Task directions: Print the data that follows exactly as it stands, from its first line through the line containing "unfolding format_value_from_dict processor_state_dict", and stop there.

Collected data entries:
::::::::::
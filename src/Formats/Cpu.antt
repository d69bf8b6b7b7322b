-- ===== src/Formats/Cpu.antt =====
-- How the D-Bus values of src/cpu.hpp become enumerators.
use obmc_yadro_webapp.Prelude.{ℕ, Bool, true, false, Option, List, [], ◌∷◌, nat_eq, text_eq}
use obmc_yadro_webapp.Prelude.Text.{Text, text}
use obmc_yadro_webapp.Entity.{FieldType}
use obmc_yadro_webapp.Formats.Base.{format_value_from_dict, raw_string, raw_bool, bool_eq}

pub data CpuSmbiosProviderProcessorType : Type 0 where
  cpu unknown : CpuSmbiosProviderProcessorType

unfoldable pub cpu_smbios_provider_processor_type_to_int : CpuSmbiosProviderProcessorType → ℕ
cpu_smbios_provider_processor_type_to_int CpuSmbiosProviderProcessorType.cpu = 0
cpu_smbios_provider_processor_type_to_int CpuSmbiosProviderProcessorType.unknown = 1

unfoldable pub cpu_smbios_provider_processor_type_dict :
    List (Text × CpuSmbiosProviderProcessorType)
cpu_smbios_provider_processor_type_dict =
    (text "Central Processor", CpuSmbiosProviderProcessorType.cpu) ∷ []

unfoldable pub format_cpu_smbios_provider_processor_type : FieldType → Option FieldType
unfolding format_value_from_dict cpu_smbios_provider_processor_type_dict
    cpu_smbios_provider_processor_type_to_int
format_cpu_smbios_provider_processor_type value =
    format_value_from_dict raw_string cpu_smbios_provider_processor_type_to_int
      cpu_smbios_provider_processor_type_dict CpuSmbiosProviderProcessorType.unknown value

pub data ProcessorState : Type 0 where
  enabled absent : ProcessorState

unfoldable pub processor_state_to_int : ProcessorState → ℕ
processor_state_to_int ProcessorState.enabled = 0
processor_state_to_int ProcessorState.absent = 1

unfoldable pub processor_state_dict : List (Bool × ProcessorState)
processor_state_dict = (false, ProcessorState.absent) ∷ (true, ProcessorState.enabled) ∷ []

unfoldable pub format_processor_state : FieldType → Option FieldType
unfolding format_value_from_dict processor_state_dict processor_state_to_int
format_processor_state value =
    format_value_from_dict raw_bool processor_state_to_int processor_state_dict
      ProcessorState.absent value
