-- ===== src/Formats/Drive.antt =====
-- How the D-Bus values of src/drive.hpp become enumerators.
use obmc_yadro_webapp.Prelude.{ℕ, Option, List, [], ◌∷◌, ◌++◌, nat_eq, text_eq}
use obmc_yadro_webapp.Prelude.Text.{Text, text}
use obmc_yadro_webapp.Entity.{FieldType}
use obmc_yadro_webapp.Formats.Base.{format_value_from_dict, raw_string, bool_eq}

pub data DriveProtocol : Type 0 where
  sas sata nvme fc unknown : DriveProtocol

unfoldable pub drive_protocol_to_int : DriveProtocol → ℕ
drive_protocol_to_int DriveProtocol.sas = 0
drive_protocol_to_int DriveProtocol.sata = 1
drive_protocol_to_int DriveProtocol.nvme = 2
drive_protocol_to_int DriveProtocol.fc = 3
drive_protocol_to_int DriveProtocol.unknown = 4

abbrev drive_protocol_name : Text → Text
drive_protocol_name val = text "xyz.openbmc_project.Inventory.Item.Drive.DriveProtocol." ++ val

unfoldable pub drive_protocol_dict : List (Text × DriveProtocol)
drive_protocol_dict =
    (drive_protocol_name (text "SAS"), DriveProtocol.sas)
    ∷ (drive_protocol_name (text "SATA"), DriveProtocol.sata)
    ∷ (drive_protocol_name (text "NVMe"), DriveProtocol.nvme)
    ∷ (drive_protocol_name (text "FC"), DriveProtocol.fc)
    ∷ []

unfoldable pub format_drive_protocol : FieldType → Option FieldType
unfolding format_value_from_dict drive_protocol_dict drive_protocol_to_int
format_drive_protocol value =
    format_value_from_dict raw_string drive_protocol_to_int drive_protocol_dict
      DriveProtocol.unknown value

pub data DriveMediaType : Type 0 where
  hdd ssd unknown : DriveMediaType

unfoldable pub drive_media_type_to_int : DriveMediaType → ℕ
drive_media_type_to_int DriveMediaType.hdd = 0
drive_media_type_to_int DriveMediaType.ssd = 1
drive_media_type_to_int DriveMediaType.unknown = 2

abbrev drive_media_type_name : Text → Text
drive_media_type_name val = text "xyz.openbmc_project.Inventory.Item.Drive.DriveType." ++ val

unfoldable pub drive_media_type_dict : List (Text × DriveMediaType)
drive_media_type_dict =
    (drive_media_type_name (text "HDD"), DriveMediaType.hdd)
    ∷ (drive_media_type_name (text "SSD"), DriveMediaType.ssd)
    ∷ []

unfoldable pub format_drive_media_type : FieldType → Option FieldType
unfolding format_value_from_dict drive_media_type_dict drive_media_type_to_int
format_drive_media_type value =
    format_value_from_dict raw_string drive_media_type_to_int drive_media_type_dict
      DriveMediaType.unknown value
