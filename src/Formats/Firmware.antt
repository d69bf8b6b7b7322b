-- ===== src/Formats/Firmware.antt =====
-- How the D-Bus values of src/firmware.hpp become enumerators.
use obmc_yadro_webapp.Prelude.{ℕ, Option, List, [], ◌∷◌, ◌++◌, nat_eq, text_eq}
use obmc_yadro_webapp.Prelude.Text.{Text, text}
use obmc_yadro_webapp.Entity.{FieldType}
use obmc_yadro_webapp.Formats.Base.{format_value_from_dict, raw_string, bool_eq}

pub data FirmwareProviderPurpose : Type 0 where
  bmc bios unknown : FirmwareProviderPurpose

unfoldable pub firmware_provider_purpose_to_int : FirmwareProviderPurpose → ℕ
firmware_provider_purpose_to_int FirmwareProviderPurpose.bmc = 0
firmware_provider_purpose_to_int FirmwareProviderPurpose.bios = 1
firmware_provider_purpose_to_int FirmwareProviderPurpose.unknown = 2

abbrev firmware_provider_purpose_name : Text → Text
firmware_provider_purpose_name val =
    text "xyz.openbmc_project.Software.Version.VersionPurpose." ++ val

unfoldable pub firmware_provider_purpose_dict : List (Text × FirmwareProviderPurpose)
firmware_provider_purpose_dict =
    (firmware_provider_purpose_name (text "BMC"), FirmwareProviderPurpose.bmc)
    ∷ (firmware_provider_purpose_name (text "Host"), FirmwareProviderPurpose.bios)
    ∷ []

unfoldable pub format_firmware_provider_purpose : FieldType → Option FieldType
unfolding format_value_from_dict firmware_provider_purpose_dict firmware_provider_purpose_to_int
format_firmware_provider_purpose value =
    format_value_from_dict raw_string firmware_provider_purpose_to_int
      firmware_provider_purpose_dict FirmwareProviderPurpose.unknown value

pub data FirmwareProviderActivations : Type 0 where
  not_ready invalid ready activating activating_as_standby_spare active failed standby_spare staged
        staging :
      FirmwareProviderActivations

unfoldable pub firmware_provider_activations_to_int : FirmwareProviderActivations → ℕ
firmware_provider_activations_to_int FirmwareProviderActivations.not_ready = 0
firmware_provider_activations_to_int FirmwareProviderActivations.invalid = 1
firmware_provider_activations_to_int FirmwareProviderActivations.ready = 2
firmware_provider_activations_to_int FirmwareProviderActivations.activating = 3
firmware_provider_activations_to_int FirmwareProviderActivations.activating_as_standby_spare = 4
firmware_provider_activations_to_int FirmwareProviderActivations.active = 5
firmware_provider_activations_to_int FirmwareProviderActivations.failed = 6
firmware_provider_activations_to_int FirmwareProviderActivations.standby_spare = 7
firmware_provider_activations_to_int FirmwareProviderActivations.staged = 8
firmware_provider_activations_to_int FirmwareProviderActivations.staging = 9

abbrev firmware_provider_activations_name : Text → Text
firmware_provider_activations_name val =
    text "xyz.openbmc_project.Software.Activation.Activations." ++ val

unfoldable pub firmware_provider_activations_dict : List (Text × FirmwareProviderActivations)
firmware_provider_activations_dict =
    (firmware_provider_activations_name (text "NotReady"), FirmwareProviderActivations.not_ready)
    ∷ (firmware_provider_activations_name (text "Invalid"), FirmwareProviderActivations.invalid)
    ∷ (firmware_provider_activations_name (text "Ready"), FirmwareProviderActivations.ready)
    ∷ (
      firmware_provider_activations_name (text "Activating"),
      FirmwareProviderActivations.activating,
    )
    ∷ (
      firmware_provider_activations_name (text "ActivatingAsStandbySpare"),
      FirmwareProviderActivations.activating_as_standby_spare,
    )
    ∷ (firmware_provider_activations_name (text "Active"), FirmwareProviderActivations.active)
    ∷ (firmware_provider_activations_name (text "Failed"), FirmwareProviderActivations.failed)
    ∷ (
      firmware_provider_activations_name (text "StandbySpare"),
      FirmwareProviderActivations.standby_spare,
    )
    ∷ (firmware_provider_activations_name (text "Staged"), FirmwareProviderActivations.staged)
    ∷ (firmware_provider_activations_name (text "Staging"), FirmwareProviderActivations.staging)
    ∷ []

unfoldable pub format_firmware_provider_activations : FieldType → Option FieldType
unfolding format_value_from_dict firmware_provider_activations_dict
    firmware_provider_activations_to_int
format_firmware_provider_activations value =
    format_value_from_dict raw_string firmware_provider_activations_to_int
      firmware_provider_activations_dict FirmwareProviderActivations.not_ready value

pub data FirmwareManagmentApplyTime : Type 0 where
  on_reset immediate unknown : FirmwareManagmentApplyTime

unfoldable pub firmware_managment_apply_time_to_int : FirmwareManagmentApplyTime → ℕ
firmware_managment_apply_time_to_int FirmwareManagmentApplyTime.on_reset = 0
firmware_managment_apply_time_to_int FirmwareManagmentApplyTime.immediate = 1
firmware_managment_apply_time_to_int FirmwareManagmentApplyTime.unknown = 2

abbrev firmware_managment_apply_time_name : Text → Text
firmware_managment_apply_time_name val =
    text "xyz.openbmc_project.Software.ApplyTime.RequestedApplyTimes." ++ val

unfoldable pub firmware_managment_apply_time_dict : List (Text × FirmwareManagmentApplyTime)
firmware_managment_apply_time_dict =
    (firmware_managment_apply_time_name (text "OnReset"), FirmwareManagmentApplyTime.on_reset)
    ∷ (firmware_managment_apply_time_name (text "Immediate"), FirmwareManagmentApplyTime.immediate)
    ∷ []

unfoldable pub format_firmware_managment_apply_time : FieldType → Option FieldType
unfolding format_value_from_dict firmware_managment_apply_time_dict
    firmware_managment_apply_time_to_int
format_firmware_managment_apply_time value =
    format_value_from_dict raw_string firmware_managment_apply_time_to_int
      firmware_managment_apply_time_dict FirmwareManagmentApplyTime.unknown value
::::::::::
Written answer:
filename src/Formats/Cpu.antt
repository d69bf8b6b7b7322b
-- ===== src/Formats/Cpu.antt =====
-- How the D-Bus values of src/cpu.hpp become enumerators.
use obmc_yadro_webapp.Prelude.{ℕ, Bool, true, false, Option, List, [], ◌∷◌, nat_eq, text_eq}
use obmc_yadro_webapp.Prelude.Text.{Text, text}
use obmc_yadro_webapp.Entity.{FieldType}
use obmc_yadro_webapp.Formats.Base.{format_value_from_dict, raw_string, raw_bool, bool_eq}

pub data CpuSmbiosProviderProcessorType : Type 0 where
  cpu unknown : CpuSmbiosProviderProcessorType

unfoldable pub cpu_smbios_provider_processor_type_to_int : CpuSmbiosProviderProcessorType → ℕ
cpu_smbios_provider_processor_type_to_int CpuSmbiosProviderProcessorType.cpu = 0
cpu_smbios_provider_processor_type_to_int CpuSmbiosProviderProcessorType.unknown = 1

unfoldable pub cpu_smbios_provider_processor_type_dict :
    List (Text × CpuSmbiosProviderProcessorType)
cpu_smbios_provider_processor_type_dict =
    (text "Central Processor", CpuSmbiosProviderProcessorType.cpu) ∷ []

unfoldable pub format_cpu_smbios_provider_processor_type : FieldType → Option FieldType
unfolding format_value_from_dict cpu_smbios_provider_processor_type_dict
    cpu_smbios_provider_processor_type_to_int
format_cpu_smbios_provider_processor_type value =
    format_value_from_dict raw_string cpu_smbios_provider_processor_type_to_int
      cpu_smbios_provider_processor_type_dict CpuSmbiosProviderProcessorType.unknown value

pub data ProcessorState : Type 0 where
  enabled absent : ProcessorState

unfoldable pub processor_state_to_int : ProcessorState → ℕ
processor_state_to_int ProcessorState.enabled = 0
processor_state_to_int ProcessorState.absent = 1

unfoldable pub processor_state_dict : List (Bool × ProcessorState)
processor_state_dict = (false, ProcessorState.absent) ∷ (true, ProcessorState.enabled) ∷ []

unfoldable pub format_processor_state : FieldType → Option FieldType
unfolding format_value_from_dict processor_state_dict processor_state_to_int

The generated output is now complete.